Indeed, a recalculation of the nation's GDP in 2014 determined that Nigeria had surpassed South Africa as the continent's largest economy, yet the financial rewards continue to accumulate in the hands of a diminishing number of citizens. And while tax revenues on oil extracted by western companies have earned the Nigerian government roughly $1.6 trillion since 1956, little of this can be evidenced even in the more educated and developed south. In the 30 years between 1980 and 2010, the number of Nigerians living on less than $2 a day has risen from 17.1 million (27% of the population) to a staggering 112 million (69% of the population).

Nigerian refugees in Diffa region, Niger after Boko Haram attacked their town. Flickr/European Commission. Some rights reserved.  
Nigerian refugees in Diffa region, Niger after Boko Haram attacked their town. Flickr/European Commission. Some rights reserved.
Boko Haram does its recruiting drive no favours with the mass terror it perpetrates, but the destabilising effects of its atrocities ripples beyond Nigeria’s borders. Nigeria’s already unsuccessful efforts to stop the group were recently hindered when government soldiers and state-sponsored militias sent north to fight Boko Haram began committing war crimes of their own. August 2014 brought fresh Amnesty International reports pointing to the widespread slaughter of young male villagers arbitrarily deemed terrorists by rampaging soldiers and commanders. Embarrassed by the international outrage and seemingly unable to defeat its foe, president Goodluck Jonathan’s government has since allowed neighbouring Chad to launch several devastating cross-border attacks into its territory to strike at Boko Haram. 
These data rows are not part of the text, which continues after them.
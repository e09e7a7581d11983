-- ===== src/Shares/Forks.antt =====
-- apps/api/src/modules/shares/shares.service.ts: `fork`. `is_null` tells null from the other scalars,
-- `show` is the text of a value in a template, and the ids of the new rows are arguments.
use Prim.Native.String
use soroban_dev_console.Shared.{
  ℕ, ◌+◌, String, Bool, false, Option, none, some, List, [], ◌∷◌, map, find, any, ◌++◌,
  if◌then◌else◌,
}
use soroban_dev_console.Sanitizer.{Json, scalar, literal, array, object, Items, nil, cons}
use soroban_dev_console.Workspaces.{has_id, logged, Workspace, Contract, Interaction}
use soroban_dev_console.Shares.{
  Links, Outcome, done, not_found, forbidden, gone, conflict, internal_error, has_token, is_some,
  is_expired,
}
use soroban_dev_console.Shares.Payloads.{get_field}

-- A value of the snapshot that the database takes for a text, nothing where it is refused.
module _ {ℓ} {S : Type ℓ} (is_null : S → Bool) (show : Json S → String) where
  -- `snapshot.key ?? fallback`, nothing where that throws or is no text.
  abbrev pub defined : Option (Json S) → Option (Json S)
  defined none = none
  defined (some (scalar x)) = if is_null x then none else some (scalar x)
  defined (some v) = some v

  abbrev pub fields_of : Json S → Option (String → Option (Json S))
  fields_of (scalar x) = if is_null x then none else some (λ key. none)
  fields_of (object fields) = some (λ key. defined (get_field key fields))
  fields_of v = some (λ key. none)

-- The texts of a list, nothing if one of its values is no text.
unfoldable pub texts_of {ℓ} : {S : Type ℓ} → Items S → Option (List String)
texts_of nil = some []
texts_of (cons (literal s) items) = elim (texts_of items) [ none ↦ none | some ss ↦ some (s ∷ ss) ]
texts_of (cons v items) = none

abbrev pub network_of {ℓ} : {S : Type ℓ} → Option (Json S) → Option String
network_of none = some "testnet"
network_of (some (literal s)) = some s
network_of (some v) = none

abbrev pub contracts_of {ℓ} : {S : Type ℓ} → String → Option (Json S) → Option (List Contract)
contracts_of network (some (array items)) = elim (texts_of items) [
  | none ↦ none
  | some ids ↦ some (map (λ id. record { contract_id = id; network = network }) ids)
]
contracts_of network v = some []

-- One interaction for each saved call, with the next of the fresh ids.
unfoldable pub calls_of_items {ℓ} :
    {S : Type ℓ} → (ℕ → String) → ℕ → String → Items S → List Interaction
calls_of_items fresh n network nil = []
calls_of_items fresh n network (cons v items) =
    record { id = fresh n; function_name = "unknown"; network = network; arguments_json = some [] }
    ∷ calls_of_items fresh (n + 1) network items

abbrev pub calls_of {ℓ} : {S : Type ℓ} → (ℕ → String) → String → Option (Json S) → List Interaction
calls_of fresh network (some (array items)) = calls_of_items fresh 0 network items
calls_of fresh network v = []

module _ {ℓ} {S : Type ℓ} (is_null : S → Bool) (show : Json S → String) where
  abbrev pub name_of : Option String → Option (Json S) → String
  name_of (some name) v = name
  name_of none none = "Shared (fork)"
  name_of none (some v) = String.◌++◌ (show v) " (fork)"

  -- The row of the new workspace, nothing where the code throws or the database refuses a value.
  unfoldable pub forked : String → (ℕ → String) → String → Option String → Json S → Option Workspace
  forked id fresh owner_key name snapshot = elim (fields_of is_null show snapshot) [
    | none ↦ none
    | some get ↦ elim (network_of (get "selectedNetwork")) [
      | none ↦ none
      | some network ↦ elim (contracts_of network (get "contractIds")) [
        | none ↦ none
        | some contracts ↦ some (record {
          id = id;
          owner_key = owner_key;
          name = name_of name (get "name");
          description = none;
          selected_network = network;
          archived = false;
          revision = 0;
          tags = [];
          saved_contracts = contracts;
          saved_interactions = calls_of fresh network (get "savedCallIds");
          artifacts = [];
        })
      ]
    ]
  ]

  unfoldable pub fork :
      ℕ
      → String
      → (ℕ → String)
      → String
      → String
      → Option String
      → Links S
      → Outcome Workspace × Links S
  fork now id fresh token owner_key name l = elim (find (has_token token) l.shares) [
    | none ↦ (not_found, l)
    | some share ↦
        if is_some share.revoked_at
        then (forbidden, l)
        else if is_expired now share.expires_at
        then (gone, l)
        else elim (forked id fresh owner_key name share.snapshot_json) [
          | none ↦ (internal_error, l)
          | some w ↦ if any (has_id w.id) l.store.rows then (conflict, l) else (
            done w,
            record l {
              store = logged owner_key "share.forked" share.id (l.store.rows ++ w ∷ []) l.store;
            },
          )
        ]
  ]
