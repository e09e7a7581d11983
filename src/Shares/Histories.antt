-- ===== src/Shares/Histories.antt =====
-- apps/api/src/modules/shares/shares.service.ts: histories of requests, one after the other.
use soroban_dev_console.Shared.{ℕ, String, Bool, Option, List, [], ◌∷◌}
use soroban_dev_console.Sanitizer.{Json}
use soroban_dev_console.Shares.{Links, resolve, revoke, cleanup}
use soroban_dev_console.Shares.Creation.{CreateShareDto, create}
use soroban_dev_console.Shares.Forks.{fork}

-- What the service takes from its host.
pub record Host {ℓ} (S : Type ℓ) : Type ℓ where
  pub lower : String → String
  pub sort : List String → List String
  pub parse : String → Option (Json S)
  pub size : Json S → ℕ
  pub date : String → Option ℕ
  pub year_later : ℕ → ℕ
  pub is_null : S → Bool
  pub show : Json S → String

-- The first two arguments of `creates` are the new id and token, those of `forks` the new ids.
pub data Request {ℓ} (S : Type ℓ) : Type ℓ where
  creates : String → String → String → CreateShareDto S → Request S
  resolves : String → Option String → Option String → Request S
  revokes : String → String → Request S
  forks : String → (ℕ → String) → String → String → Option String → Request S
  cleans : Request S

module _ {ℓ} {S : Type ℓ} (h : Host S) where
  unfoldable pub step : ℕ → Request S → Links S → Links S
  step now (creates id token owner_key dto) l =
      (create h.lower h.sort h.parse h.size h.date h.year_later now id token owner_key dto l).1
  step now (resolves token ip user_agent) l = (resolve now token ip user_agent l).1
  step now (revokes token owner_key) l = (revoke now token owner_key l).1
  step now (forks id fresh token owner_key name) l =
      (fork h.is_null h.show now id fresh token owner_key name l).1
  step now cleans l = (cleanup now l).1

  unfoldable pub run : List (ℕ × Request S) → Links S → Links S
  run [] l = l
  run ((now, request) ∷ later) l = run later (step now request l)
This campaign is no act of charity by Chad’s president Idriss Déby, whose failed state is widely regarded as even more corrupt than Nigeria, but rather Chad’s effort to prevent Boko Haram from seizing the resource-rich Lake Chad near their common border. The unraveling of social structures and the dissolution of national borders has rarely been anything but a recipe for disaster, particularly in a region as traditionally unstable as west Africa.

Nigeria’s ruling class dreams of international engagement, economic influence, and leveraging their natural resources for a seat at the table of world power. Boko Haram has a parallel vision no less grandiose, using its infamy to align itself with ISIS and the global Jihadi movement. Unfortunately, economic alienation and societal misery fuels terrorist movements just as oil does the automotive industry. Given the chance, men like Abubakar Shekau – Nigeria’s Boko Haram leader – will harvest the country’s squandered human capital with a seductive, supremacist ideology that promises power through violence and euphoria through madness. In this respect, Boko Haram represents the resource curse’s disastrous end game, a dire condition easily duplicated throughout a rapidly globalising developing world.